Open-EO / openeo-api

The openEO API specification
http://api.openeo.org
Apache License 2.0
91 stars 11 forks source link

Case insensitive handling of runtime names #409

Open soxofaan opened 3 years ago

soxofaan commented 3 years ago

https://github.com/Open-EO/openeo-api/blob/f303d65a3291d4cd74dacc0e796803bb5d6fa03b/openapi.yaml#L1627-L1635

Like #371 we should enforce handling UDF runtime names in case insensitive manner, I think

m-mohr commented 3 years ago

Unfortunately, I don't think we can enforce this in openEO API v1. It seems we did not consider case-insensitivity for UDF runtimes and now we can't easily add it without breaking things. It was different for the other entities (e.g. file formats) where we only improved the wording. This would also need a change in openeo-processes (e.g. run_udf).

soxofaan commented 3 years ago

For v1 we could already add a recommendation for case insensitive handling, which is not breaking and still allows alignment before v2

m-mohr commented 3 years ago

Hmm, I think I don't really agree with that due to the reasons below:

As for billing plans and web services, the API allows CI and also defines the places where the names can be used in CI manner.

For file formats (and as requested here in UDF runtimes), we can just give a general direction in the API and say that CI is allowed (or recommended). The API itself doesn't use these names in a CI manner. This is then (from a user POV) only really implemented in the processes (save_result allows CI/run_udf doesn't mention CI right now, i.e. is CS), but there it would read weird (and break things) in the user-facing documentation if it would say "UDF runtime name is allowed to be given in CI manner". So the only place where we could recommend this are the API and the implementation notes for processes. User could not be informed about it so I'm not sure how useful this recommendation would be and it could break interoperability (in v1) a bit by having process graphs that run on one back-end and not on another one.

soxofaan commented 3 years ago

I was mainly thinking about a CI recommendation or requirement for back-end implementers. I don't think it's very useful for a regular end user, indeed.

it could break interoperability (in v1) a bit by having process graphs that run on one back-end and not on another one.

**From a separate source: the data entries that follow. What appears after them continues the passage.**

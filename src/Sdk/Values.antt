-- ===== src/Sdk/Values.antt =====
-- sdk/go/flageval/values.go, and the values that `encoding/json` decodes to.
use feature_flags.Base.{
  ℕ, ◌<◌, ◌^◌, ℤ, pos, String, ◌≡◌, Bool, false, not, ◌&&◌, Option, none, some, ◌==◌, text_key,
  if◌then◌else◌,
}
use feature_flags.Base.Text.{show_ℤ}
use feature_flags.Conformance.Bucket.{Floats}

-- What the package takes from Go: `float64`, whose values and arithmetic are the IEEE doubles that
-- Python's floats are, and functions of its standard library. The two laws say that zero is zero and
-- that a quotient of integers that a double holds exactly is the one that Python's `/` gives.
pub record Go : Type 1 where
  pub floats : Floats
  pub of_int : ℤ → floats.F
  pub quotient : floats.F → floats.F → floats.F
  pub equal : floats.F → floats.F → Bool
  -- `math.Trunc`, `math.IsInf(t, 0)`, `int64(t)` and `strconv.FormatFloat(t, 'f', -1, 64)`
  pub trunc : floats.F → floats.F
  pub is_inf : floats.F → Bool
  pub to_int64 : floats.F → ℤ
  pub format_float : floats.F → String
  -- `strings.HasPrefix`, `HasSuffix` and `Contains`, the text first
  pub has_prefix : String → String → Bool
  pub has_suffix : String → String → Bool
  pub contains_text : String → String → Bool
  -- `regexp.Compile` of the first, and `MatchString` of the second where it compiles
  pub regexp_match : String → String → Option Bool
  -- `hex.EncodeToString` of `sha1.Sum`
  pub sha1_hex : String → String
  pub of_int_zero : of_int (pos 0) ≡ floats.ratio 0 1
  pub quotient_exact :
      (m n : ℕ)
      → m < 2 ^ 53
      → 0 < n
      → n < 2 ^ 53
      → quotient (of_int (pos m)) (of_int (pos n)) ≡ floats.ratio m n

module _ ⦃g : Go⦄ where
  open g.floats use {F}

  mutual
    pub data Value : Type 0 where
      null : Value
      boolean : Bool → Value
      float : F → Value
      text : String → Value
      array : Values → Value
      map : Members → Value

    pub data Values : Type 0 where
      nil : Values
      item : Value → Values → Values

    pub data Members : Type 0 where
      end : Members
      member : String → Value → Members → Members

  -- `asString`
  unfoldable pub as_string : Value → String
  as_string (text t) = t
  as_string (boolean t) = if t then "true" else "false"
  as_string (float t) =
      if g.equal t (g.trunc t) && not (g.is_inf t) then show_ℤ (g.to_int64 t) else g.format_float t
  as_string _ = ""

  -- `equalAny`
  unfoldable pub equal_any : Value → Value → Bool
  equal_any (text a) (text b) = a == b
  equal_any (boolean a) (boolean b) = if a then b else not b
  equal_any (float a) (float b) = g.equal a b
  equal_any _ _ = false

  -- `asNumbers`: both numbers, if `ok`.
  unfoldable pub as_numbers : Value → Value → Option (F × F)
  as_numbers (float a) (float b) = some (a, b)
  as_numbers _ _ = none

We already have an interoperability problem: if one backend calls its Python runtime Python and another backend uses python, your can not use the same process graph. By recommending CI handling you actually improve interoperability issues in this case. The CI recommendation would just be a reasonable safety net to cover subtle differences between back-ends (and documentation, cookbooks, ...)

Another solution is adding a guideline for the runtime names ("lower case only" or "must be Camel Case", ...) or explicitly list some examples for popular runtimes (Python, R, ...)

m-mohr commented 3 years ago

Indeed. We should probably aim for a recommended naming, maybe best proposed by the UDF runtime implementation.

I've expanded the OpenAPI with a general recommendation for now:

Each runtime environment has a unique name, which is used as the property key. The name is used in processes to select the runtime environment for UDFs, so the names should be stable and meaningful. It is RECOMMENDED to use the following naming and casing:

  • For programming langauge environments use the names as provided in in the Scriptol List of Programming Languages.
  • For docker images use the docker image identifier excluding the registry path.

Which would result in Python and R for the runtimes we support right now.

Leaving this open for consideration in API v2.